What is the problem?

The biggest problems with XML-RPC are the security risks that technology entails. The problems are not directly linked to XML-RPC, but it is about how the file can be used to activate a so-called brute force attack on your website.

There are two main weaknesses in XML-RPC that malicious actors can exploit.

The first uses a pure brute force attack to gain access to your site. An attacker will try to access your site using xmlrpc.php using different usernames and password combinations. They can effectively use a single command to test lots of combinations of different user names and passwords. By going through xmlrpc.php, the security features that usually detect and block brute force attacks circumvent.
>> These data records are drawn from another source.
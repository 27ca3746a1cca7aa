-- ===== src/Tracker/Bench.antt =====
-- The bench of the tracker and the one of the kill switch, over a run of losing sales.
use multi_agent_llm_trading.Prelude.{
  ℕ, ◌+◌, ◌-◌, ◌≤◌, ◌<◌, ◌≡◌, sym, ◌∙◌, inl, inr, true, false, none, List, [], ◌∷◌, length, arith,
  leb, beq_refl, Bool-cases,
}
use multi_agent_llm_trading.Types.{AgentId, agent_id_eq, OrderSide, order_side_eq, Fill}
use multi_agent_llm_trading.KillSwitch.{KillSwitchEngine, record_agent_result, is_agent_benched}
use multi_agent_llm_trading.Tracker.{AgentStateTracker, apply_fill, update_on_fill}
use multi_agent_llm_trading.Tracker.Record.{PerAgentRecord, is_loss, clear_avg_cost}

-- The tracker after fills, each with the time at which it is seen.
pub fill_all : List (ℕ × Fill) → AgentStateTracker → AgentStateTracker
fill_all [] t = t
fill_all ((now, f) ∷ fs) t = fill_all fs (update_on_fill now f t)

-- Sales of one agent, each at a loss when it comes.
abbrev pub AreLosses : AgentId → List (ℕ × Fill) → AgentStateTracker → Type 0
AreLosses a [] t = Unit
AreLosses a ((now, f) ∷ fs) t =
    (f.agent_id ≡ a)
    × (f.side ≡ OrderSide.sell)
    × (is_loss f (t.records a) ≡ true)
    × AreLosses a fs (update_on_fill now f t)

clear_avg_cost-losses :
    (f : Fill) (rec : PerAgentRecord)
    → (clear_avg_cost f rec).consecutive_losses ≡ rec.consecutive_losses
unfolding clear_avg_cost
clear_avg_cost-losses f rec = ground arith

module _ (a : AgentId) (now : ℕ) (f : Fill) (t : AgentStateTracker) (agent : f.agent_id ≡ a)
    (sell : f.side ≡ OrderSide.sell) (loss : is_loss f (t.records a) ≡ true) where
  -- A loss counts in the tracker. The fifth in a row and those after it bench the agent, and only
  -- they reach the kill switch.
  loss-step :
      let t' = update_on_fill now f t in
      let n = (t.records a).consecutive_losses in
      ((t'.records a).consecutive_losses ≡ n + 1)
      × (n < 4 → t'.kill ≡ t.kill)
      × (4 ≤ n
          → ((t'.records a).is_benched ≡ true)
            × (t'.kill ≡ (record_agent_result a true now t.kill).1))
  unfolding update_on_fill apply_fill
  loss-step = ground (arith, beq_refl a, clear_avg_cost-losses f (t.records f.agent_id))

-- The losses that have reached the kill switch, and that they have benched no one.
abbrev IsTold : AgentId → ℕ → KillSwitchEngine → Type 0
IsTold a n k = k.agent_records a ≡ record { consecutive_losses = n; benched_until = none }

IsTold-step :
    (a : AgentId) (n now : ℕ) (k : KillSwitchEngine)
    → n < 4
    → IsTold a n k
    → IsTold a (n + 1) (record_agent_result a true now k).1
unfolding record_agent_result
IsTold-step a n now k few h = ground (arith, beq_refl a)

IsTold-after :
    (a : AgentId) (now : ℕ) (f : Fill) (t : AgentStateTracker)
    → f.agent_id ≡ a
    → f.side ≡ OrderSide.sell
    → is_loss f (t.records a) ≡ true
    → let n = (t.records a).consecutive_losses in
      n < 8 → IsTold a (n - 4) t.kill → IsTold a (n + 1 - 4) (update_on_fill now f t).kill
IsTold-after a now f t agent sell loss few told =
    let (_, untold, tells) = loss-step a now f t agent sell loss in
    let n = (t.records a).consecutive_losses in
    elim (Bool-cases (leb 4 n)) [
      | inl fifth ↦
          let enough : 4 ≤ n = ground arith in
          let (_, kill) = tells enough in
          let count : n + 1 - 4 ≡ n - 4 + 1 = omega arith in
          rw (kill, count) (IsTold-step a (n - 4) now t.kill (omega arith) told)
      | inr early ↦
          let less : n < 4 = ground arith in
          let same : n + 1 - 4 ≡ n - 4 = omega arith in rw (untold less, same) told
    ]

-- After a run of losing sales the kill switch has been told of all but the first four, and while
-- they are fewer than nine it has benched no one.
losing_run :
    (a : AgentId) (fs : List (ℕ × Fill)) (t : AgentStateTracker)
    → AreLosses a fs t
    → let n = (t.records a).consecutive_losses in
      n + length fs ≤ 8
      → IsTold a (n - 4) t.kill
      → ((fill_all fs t).records a).consecutive_losses ≡ n + length fs
        × IsTold a (n + length fs - 4) (fill_all fs t).kill
unfolding fill_all
losing_run a [] t h few told =
    let n = (t.records a).consecutive_losses in
    let same : n + 0 ≡ n = omega arith in (sym same, rw same told)
losing_run a ((now, f) ∷ fs) t h few told =
    let n = (t.records a).consecutive_losses in
    let t' = update_on_fill now f t in
    let (counted, _, _) = loss-step a now f t h.0 h.1 h.2 in
    let told' = IsTold-after a now f t h.0 h.1 h.2 (omega arith) told in
    let (total, told'') = losing_run a fs t' h.3 (omega arith) (rw counted told') in
    let whole : (t'.records a).consecutive_losses + length fs ≡ n + length ((now, f) ∷ fs) =
      omega arith in
    (total ∙ whole, rw (sym whole) told'')

untold-unbenched :
    (a : AgentId) (n ts : ℕ) (k : KillSwitchEngine)
    → IsTold a n k
    → (is_agent_benched a ts k).0 ≡ false
unfolding is_agent_benched
untold-unbenched a n ts k h = ground arith

losing_run-benched :
    (a : AgentId) (fs : List (ℕ × Fill)) (t : AgentStateTracker)
    → AreLosses a fs t
    → let n = (t.records a).consecutive_losses in
      5 ≤ n + length fs → 1 ≤ length fs → ((fill_all fs t).records a).is_benched ≡ true
unfolding fill_all
losing_run-benched a [] t h five one = absurd (omega arith)
losing_run-benched a ((now, f) ∷ []) t h five one =
    let (_, _, tells) = loss-step a now f t h.0 h.1 h.2 in (tells (omega arith)).0
losing_run-benched a ((now, f) ∷ (now', f') ∷ fs) t h five one =
    let (counted, _, _) = loss-step a now f t h.0 h.1 h.2 in
    losing_run-benched a ((now', f') ∷ fs) (update_on_fill now f t) h.3 (omega arith) (omega arith)

-- From a clean start, five to eight losing sales of an agent in a row bench it in the tracker. The
-- kill switch, which is told only from the fifth on, has it benched at no time.
pub bench_mismatch :
    (a : AgentId) (fs : List (ℕ × Fill)) (t : AgentStateTracker) (ts : ℕ)
    → AreLosses a fs t
    → (t.records a).consecutive_losses ≡ 0
    → t.kill.agent_records a ≡ record { consecutive_losses = 0; benched_until = none }
    → 5 ≤ length fs
    → length fs ≤ 8
    → let t' = fill_all fs t in
      ((t'.records a).is_benched ≡ true) × ((is_agent_benched a ts t'.kill).0 ≡ false)
bench_mismatch a fs t ts h fresh clean five eight =
    let n = (t.records a).consecutive_losses in
    let none_told : n - 4 ≡ 0 = omega arith in
    let (_, told) = losing_run a fs t h (omega arith) (rw none_told clean) in
    let t' = fill_all fs t in
    (
      losing_run-benched a fs t h (omega arith) (omega arith),
      untold-unbenched a (n + length fs - 4) ts t'.kill told,
    )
The second attack method opens for attackers to lower websites through DDoS attacks. Attackers exploit the pingback feature of WordPress to send pingbacks to thousands of websites simultaneously. This feature in xmlrpc.php gives attackers an almost infinite range of IP addresses to deploy their DDoS attack over.
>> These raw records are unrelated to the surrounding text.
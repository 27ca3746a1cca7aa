-- ===== src/Tracker/Recovery.antt =====
-- The recovery rule of the drawdown bucket.
use multi_agent_llm_trading.Prelude.{
  ℕ, ◌+◌, ◌≤◌, ◌<◌, ◌≡◌, Option, none, some, List, [], ◌∷◌, ◌&&◌, arith, ◌==◌, nat_eq, eqb,
  if◌then◌else◌,
}
use multi_agent_llm_trading.Types.{DrawdownBucket, drawdown_bucket_code}
use multi_agent_llm_trading.Tracker.Record.{
  PerAgentRecord, apply_bucket_with_recovery, is_target, is_new_day,
}

-- A bucket that is the same or worse is taken at once, and ends a recovery. A better one is taken
-- only after four days of recovery towards it, on another day.
pub apply_bucket-step :
    (raw : DrawdownBucket) (today : ℕ) (rec : PerAgentRecord)
    → let rec' = apply_bucket_with_recovery raw today rec in
      (drawdown_bucket_code rec.sizing_bucket ≤ drawdown_bucket_code raw
        → (rec'.sizing_bucket ≡ raw) × (rec'.recovery_target ≡ none) × (rec'.recovery_days ≡ 0))
      × (drawdown_bucket_code raw < drawdown_bucket_code rec.sizing_bucket
          → rec.recovery_days ≤ 4
          → rec'.sizing_bucket ≡ (
              if is_target raw rec.recovery_target
                && (is_new_day today rec.last_update_date && eqb rec.recovery_days 4)
              then raw
              else rec.sizing_bucket))
unfolding apply_bucket_with_recovery
apply_bucket-step raw today rec = (λ worse. ground arith, λ better few. ground arith)

-- The record after marks on several days, at one bucket.
pub marked : DrawdownBucket → List ℕ → PerAgentRecord → PerAgentRecord
marked raw [] rec = rec
marked raw (d ∷ ds) rec = marked raw ds (apply_bucket_with_recovery raw d rec)

-- How often the day changes.
abbrev pub changes : ℕ → List ℕ → ℕ
changes d [] = 0
changes d (e ∷ es) = (if e == d then 0 else 1) + changes e es

abbrev pub days_counted : List ℕ → ℕ
days_counted [] = 0
days_counted (d ∷ ds) = 1 + changes d ds

-- The record after marks of any buckets, each with its day.
pub marked_all : List (DrawdownBucket × ℕ) → PerAgentRecord → PerAgentRecord
marked_all [] rec = rec
marked_all ((raw, day) ∷ marks) rec = marked_all marks (apply_bucket_with_recovery raw day rec)

-- How often the day changes over them.
abbrev pub new_days : Option ℕ → List (DrawdownBucket × ℕ) → ℕ
new_days last [] = 0
new_days last ((_, day) ∷ marks) =
    (if is_new_day day last then 1 else 0) + new_days (some day) marks

early-step :
    (raw : DrawdownBucket) (day : ℕ) (rec : PerAgentRecord) (n : ℕ)
    → rec.recovery_days ≤ n
    → 1 ≤ n
    → n + (if is_new_day day rec.last_update_date then 1 else 0) ≤ 4
    → let rec' = apply_bucket_with_recovery raw day rec in
      (drawdown_bucket_code rec.sizing_bucket ≤ drawdown_bucket_code rec'.sizing_bucket)
      × (rec'.recovery_days ≤ n + (if is_new_day day rec.last_update_date then 1 else 0))
      × (rec'.last_update_date ≡ some day)
unfolding apply_bucket_with_recovery
early-step raw day rec n few pos slow = ground arith

-- While the days counted towards a recovery (one at least) and the new days of the marks come to at
-- most four, no marks, of any buckets, bring a better bucket than there was.
pub no_early_loosening :
    (marks : List (DrawdownBucket × ℕ)) (rec : PerAgentRecord) (n : ℕ)
    → rec.recovery_days ≤ n
    → 1 ≤ n
    → n + new_days rec.last_update_date marks ≤ 4
    → drawdown_bucket_code rec.sizing_bucket
      ≤ drawdown_bucket_code (marked_all marks rec).sizing_bucket
unfolding marked_all
no_early_loosening [] rec n few pos slow = omega arith
no_early_loosening ((raw, day) ∷ marks) rec n few pos slow =
    let rec' = apply_bucket_with_recovery raw day rec in
    let (no_better, slow', at) = early-step raw day rec n few pos (omega arith) in
    let days = n + (if is_new_day day rec.last_update_date then 1 else 0) in
    let ih = no_early_loosening marks rec' days slow' (omega arith) (rw at (omega arith)) in
    omega arith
To check whether XML-RPC is used on your website, you can run it through a tool called XML-RPC Validator . Run your site through the tool, and if you get an error message, it means you do not have XML-RPC enabled. However, if you get a “positive” response from the tool, you can turn off xmlrpc.php with one of the two methods below.
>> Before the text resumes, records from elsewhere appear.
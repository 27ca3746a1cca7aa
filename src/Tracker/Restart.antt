-- ===== src/Tracker/Restart.antt =====
-- The tracker over a restart, from the rows of its file.
use multi_agent_llm_trading.Prelude.{
  ℕ, ◌≡◌, refl, ap, ◌∙◌, false, String, Option, some, [], arith, beq_refl,
}
use multi_agent_llm_trading.Types.{AgentId, agent_id_eq, OrderSide, order_side_eq, Fill}
use multi_agent_llm_trading.Tracker.{
  AgentStateTracker, apply_fill, apply_mark, new_tracker, update_on_fill, update_on_mark,
  rebuild_from_ledger, maybe_persist,
}
use multi_agent_llm_trading.Tracker.Record.{PerAgentRecord, row_of, is_loss}

-- A tracker that is built anew on the same file.
unfoldable pub restart : AgentStateTracker → AgentStateTracker
unfolding new_tracker
restart t = new_tracker t.kill t.ledger t.default_equity t.bus t.db

-- The file has a row of every record as it is.
abbrev pub IsPersisted : AgentStateTracker → Type 0
IsPersisted t = t.db ≡ some (λ a. some (row_of (t.records a)))

restart-persisted :
    (t : AgentStateTracker) (table : AgentId → Option PerAgentRecord) (b : AgentId)
    → t.db ≡ some table
    → (restart (maybe_persist t)).records b ≡ row_of ((maybe_persist t).records b)
unfolding restart new_tracker
restart-persisted t table b h = rw h refl

restart-row :
    (t : AgentStateTracker) (b : AgentId)
    → IsPersisted t
    → (restart t).records b ≡ row_of (t.records b)
unfolding restart new_tracker
restart-row t b h = rw h refl

-- A sale of what has no cost.
sale-uncosted :
    (t : AgentStateTracker) (now : ℕ) (f : Fill)
    → (t.records f.agent_id).avg_cost ≡ []
    → f.side ≡ OrderSide.sell
    → let t' = update_on_fill now f t in
      ((t'.records f.agent_id).consecutive_losses ≡ 0)
      × ((t'.records f.agent_id).is_benched ≡ false)
      × (t'.kill ≡ t.kill)
unfolding update_on_fill apply_fill is_loss
sale-uncosted t now f uncosted sell = ground (arith, beq_refl f.agent_id)

restart-rebuilt :
    (marks : String → Option ℕ) (t : AgentStateTracker) (table : AgentId → Option PerAgentRecord)
    (b : AgentId)
    → t.db ≡ some table
    → (restart (rebuild_from_ledger marks t)).records b
      ≡ row_of ((rebuild_from_ledger marks t).records b)
unfolding rebuild_from_ledger restart new_tracker
restart-rebuilt marks t table b h = rw h refl

apply_fill-db : (now : ℕ) (f : Fill) (t : AgentStateTracker) → (apply_fill now f t).db ≡ t.db
unfolding apply_fill
apply_fill-db now f t = ground arith

apply_mark-db :
    (now : ℕ) (a : AgentId) (marks : String → Option ℕ) (t : AgentStateTracker)
    → (apply_mark now a marks t).db ≡ t.db
unfolding apply_mark
apply_mark-db now a marks t = ground arith

-- With a file, every update writes all that a restart reads back: a record comes back without its
-- costs and quantities.
pub restart-updated :
    (table : AgentId → Option PerAgentRecord) (t : AgentStateTracker)
    → t.db ≡ some table
    → (now : ℕ) (f : Fill) (a b : AgentId) (marks : String → Option ℕ)
    → ((restart (update_on_fill now f t)).records b ≡ row_of ((update_on_fill now f t).records b))
      × ((restart (update_on_mark now a marks t)).records b
          ≡ row_of ((update_on_mark now a marks t).records b))
      × ((restart (rebuild_from_ledger marks t)).records b
          ≡ row_of ((rebuild_from_ledger marks t).records b))
unfolding update_on_fill update_on_mark
restart-updated table t h now f a b marks = (
  restart-persisted (apply_fill now f t) table b (apply_fill-db now f t ∙ h),
  restart-persisted (apply_mark now a marks t) table b (apply_mark-db now a marks t ∙ h),
  restart-rebuilt marks t table b h,
)

-- Where the file is up to date: a sale that comes first after a restart counts as no loss at any
-- price. It ends its agent's run of losses and lifts its bench, and the kill switch is not told.
pub restart-sale :
    (t : AgentStateTracker) (now : ℕ) (f : Fill)
    → IsPersisted t
    → f.side ≡ OrderSide.sell
    → let t' = update_on_fill now f (restart t) in
      ((t'.records f.agent_id).consecutive_losses ≡ 0)
      × ((t'.records f.agent_id).is_benched ≡ false)
      × (t'.kill ≡ t.kill)
unfolding restart new_tracker
restart-sale t now f saved sell =
    let uncosted : ((restart t).records f.agent_id).avg_cost ≡ [] =
      ap (λ rec. rec.avg_cost) (restart-row t f.agent_id saved) in
    sale-uncosted (restart t) now f uncosted sell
Of course, you can protect yourself with incredibly strong passwords and various WordPress security tools – but the best protection is to simply disable the feature. So to the most important question, how do you turn it off? Fortunately, disabling XML-RPC on your WordPress website is very easy. There are two main ways to do this.

Method 1: Disable Xmlrpc.php with plugins

The easiest way is to navigate to Extensions> Add New to your WordPress control panel. Search for Disable XML-RPC and install the plugin that looks like in the picture below:


Activate the plugin and you are completely on the safe side. This plugin automatically adds the required code to turn off XML-RPC.

Keep in mind that some existing plugins may use parts of XML-RPC, so disabling it may completely cause a plug-in conflict or cause some parts of your site to stop working. If you just want to close some parts of XML-RPC, but want to allow some plugins and functions to use the function, you can instead use the following plugin instead:

Stop XML-RPC Attack – This plugin stops all XML-RPC attacks, but allows plugins like Jetpack and other automated tools and plugins to continue accessing the xmlrpc.php file.

Control XML-RPC Publishing – This plugin allows you to maintain control and use the remote publishing option enabled by xmlrpc.php.

Method 2: Disable Xmlrpc.php manually

If you do not want to use a plugin but prefer to do the shutdown manually, you can use this simple method. It will stop all incoming xmlrpc.php requests before they are passed on to WordPress.

Locate and open your .htaccess file. You may need to enable “show hidden files” in the file manager or your FTP client to find this file. Then paste the following code into your .htaccess file:

# Block WordPress xmlrpc.php requests
<Files xmlrpc.php>
order deny, allow
deny from all
allow from
</ Files>

So, clear! Now you do not have to worry about any nuisance using the security holes in the XML-RPC.

XML-RPC - WordPress feature to watch out for , 4.4 out of 5 based on 9 ratings
Categories: Guides & Tutorials
You can follow any responses to this entry through the RSS 2.0 feed. You can leave a response, or trackback from your own site.

No comments yet (leave a comment)

You are welcome to initiate a conversation about this blog entry.

Leave a comment

You must be logged in to post a comment.